What is expected: Across the data below, how many lines have the word "NewIds" in them? Give the number and nothing else.

··· Listed records

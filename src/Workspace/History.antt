-- ===== src/Workspace/History.antt =====
-- Histories of the requests to `WorkspaceService` (backend/services/workspace_service.py), one after
-- the other, and what they keep: every workspace has an owner.
use dewflow.Base.{
  ℕ, ◌≤◌, ◌≡◌, refl, subst, String, Bool, true, some, List, [], ◌∷◌, Distinct, Bool-cases, inl, inr,
  arith, All,
}
use dewflow.Workspace.Rows.{
  WorkspaceRole, User, AccessDb, Result, done, raised, ◌>>=◌, role_key, first, WorkspaceUpdate,
}
use dewflow.Workspace.Permissions.{PermissionPolicy}
use dewflow.Workspace.Service.{NewIds, create_workspace, update_workspace, delete_workspace}
use dewflow.Workspace.Members.{
  WorkspaceMemberCreate, add_workspace_member, update_workspace_member, remove_workspace_member,
}
use dewflow.Workspace.Owners.{owners}

-- The requests that change something.
pub data Request : Type 0 where
  create : NewIds → User → String → String → Request
  update : User → ℕ → WorkspaceUpdate → Request
  delete : User → ℕ → ℕ → Request
  add_member : ℕ → User → ℕ → WorkspaceMemberCreate → Request
  update_member : User → ℕ → ℕ → WorkspaceRole → Request
  remove_member : User → ℕ → ℕ → Request

-- What is committed: the tables of the answer, or those before an exception.
unfoldable pub committed : {A : Type 0} → AccessDb → Result (A × AccessDb) → AccessDb
committed before (done (a, after)) = after
committed before (raised e) = before

unfoldable pub committed_only : AccessDb → Result AccessDb → AccessDb
committed_only before (done after) = after
committed_only before (raised e) = before

unfoldable pub serve : PermissionPolicy → Request → AccessDb → AccessDb
serve policy (create ids user name slug) db = committed db (create_workspace ids user name slug db)
serve policy (update user ws obj_in) db = committed db (update_workspace policy user ws obj_in db)
serve policy (delete user ws now) db = committed_only db (delete_workspace policy user ws now db)
serve policy (add_member id user ws member_in) db =
    committed db (add_workspace_member policy id user ws member_in db)
serve policy (update_member user ws member role) db =
    committed db (update_workspace_member policy user ws member role db)
serve policy (remove_member user ws member) db =
    committed_only db (remove_workspace_member policy user ws member db)

unfoldable pub run : PermissionPolicy → List Request → AccessDb → AccessDb
unfolding serve
run policy [] db = db
run policy (request ∷ requests) db = run policy requests (serve policy request db)

-- The answer of a call that returns.
unfoldable pub Returns {ℓ} : {A : Type 0} → (A → Type ℓ) → Result A → Type ℓ
Returns P (done a) = P a
Returns P (raised e) = Unit

pub bind-Returns {ℓ} :
    {A B : Type 0} (Q : B → Type ℓ) (w : Result A) (f : A → Result B)
    → ((a : A) → w ≡ done a → Returns Q (f a))
    → Returns Q (w >>= f)
unfolding Returns
bind-Returns Q (done a) f h = h a refl
bind-Returns Q (raised e) f h = tt

pub Returns-done {ℓ} :
    {A : Type 0} (P : A → Type ℓ) (w : Result A) (a : A) → Returns P w → w ≡ done a → P a
unfolding Returns
Returns-done P (done b) a h e = let same : b ≡ a = cc in subst P same h
Returns-done P (raised e) a h i = cc

pub done-Returns {ℓ} : {A : Type 0} (P : A → Type ℓ) (a : A) → P a → Returns P (done a)
unfolding Returns
done-Returns P a h = h

pub committed-keeps {ℓ} :
    {A : Type 0} (P : AccessDb → Type ℓ) (db : AccessDb) (w : Result (A × AccessDb))
    → P db
    → Returns (λ out. P (out.1)) w
    → P (committed db w)
unfolding Returns committed
committed-keeps P db (done (a, after)) before h = h
committed-keeps P db (raised e) before h = before

pub committed_only-keeps {ℓ} :
    (P : AccessDb → Type ℓ) (db : AccessDb) (w : Result AccessDb)
    → P db
    → Returns P w
    → P (committed_only db w)
unfolding Returns committed_only
committed_only-keeps P db (done after) before h = h
committed_only-keeps P db (raised e) before h = before

-- What the first row of a condition is.
pub first-All {ℓ κ} :
    {A : Type ℓ} (P : A → Type κ) (test : A → Bool) (xs : List A) (x : A)
    → All P xs
    → first test xs ≡ some x
    → P x × (test x ≡ true)
unfolding first
first-All P test [] x h e = cc
first-All P test (y ∷ ys) x h e = elim (Bool-cases (test y)) [
  | inl here ↦
      let same : y ≡ x = ground arith in subst (λ z. P z × (test z ≡ true)) same (h.0, here)
  | inr there ↦ first-All P test ys x h.1 (rw there at e)
]

-- Every workspace, a deleted one too, has an owner, and no two roles have one id.
unfoldable pub IsOwned : AccessDb → Type 0
IsOwned db = All (λ w. 1 ≤ owners w.id db.roles) db.workspaces × Distinct role_key db.roles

······

Solution to this exercise: 2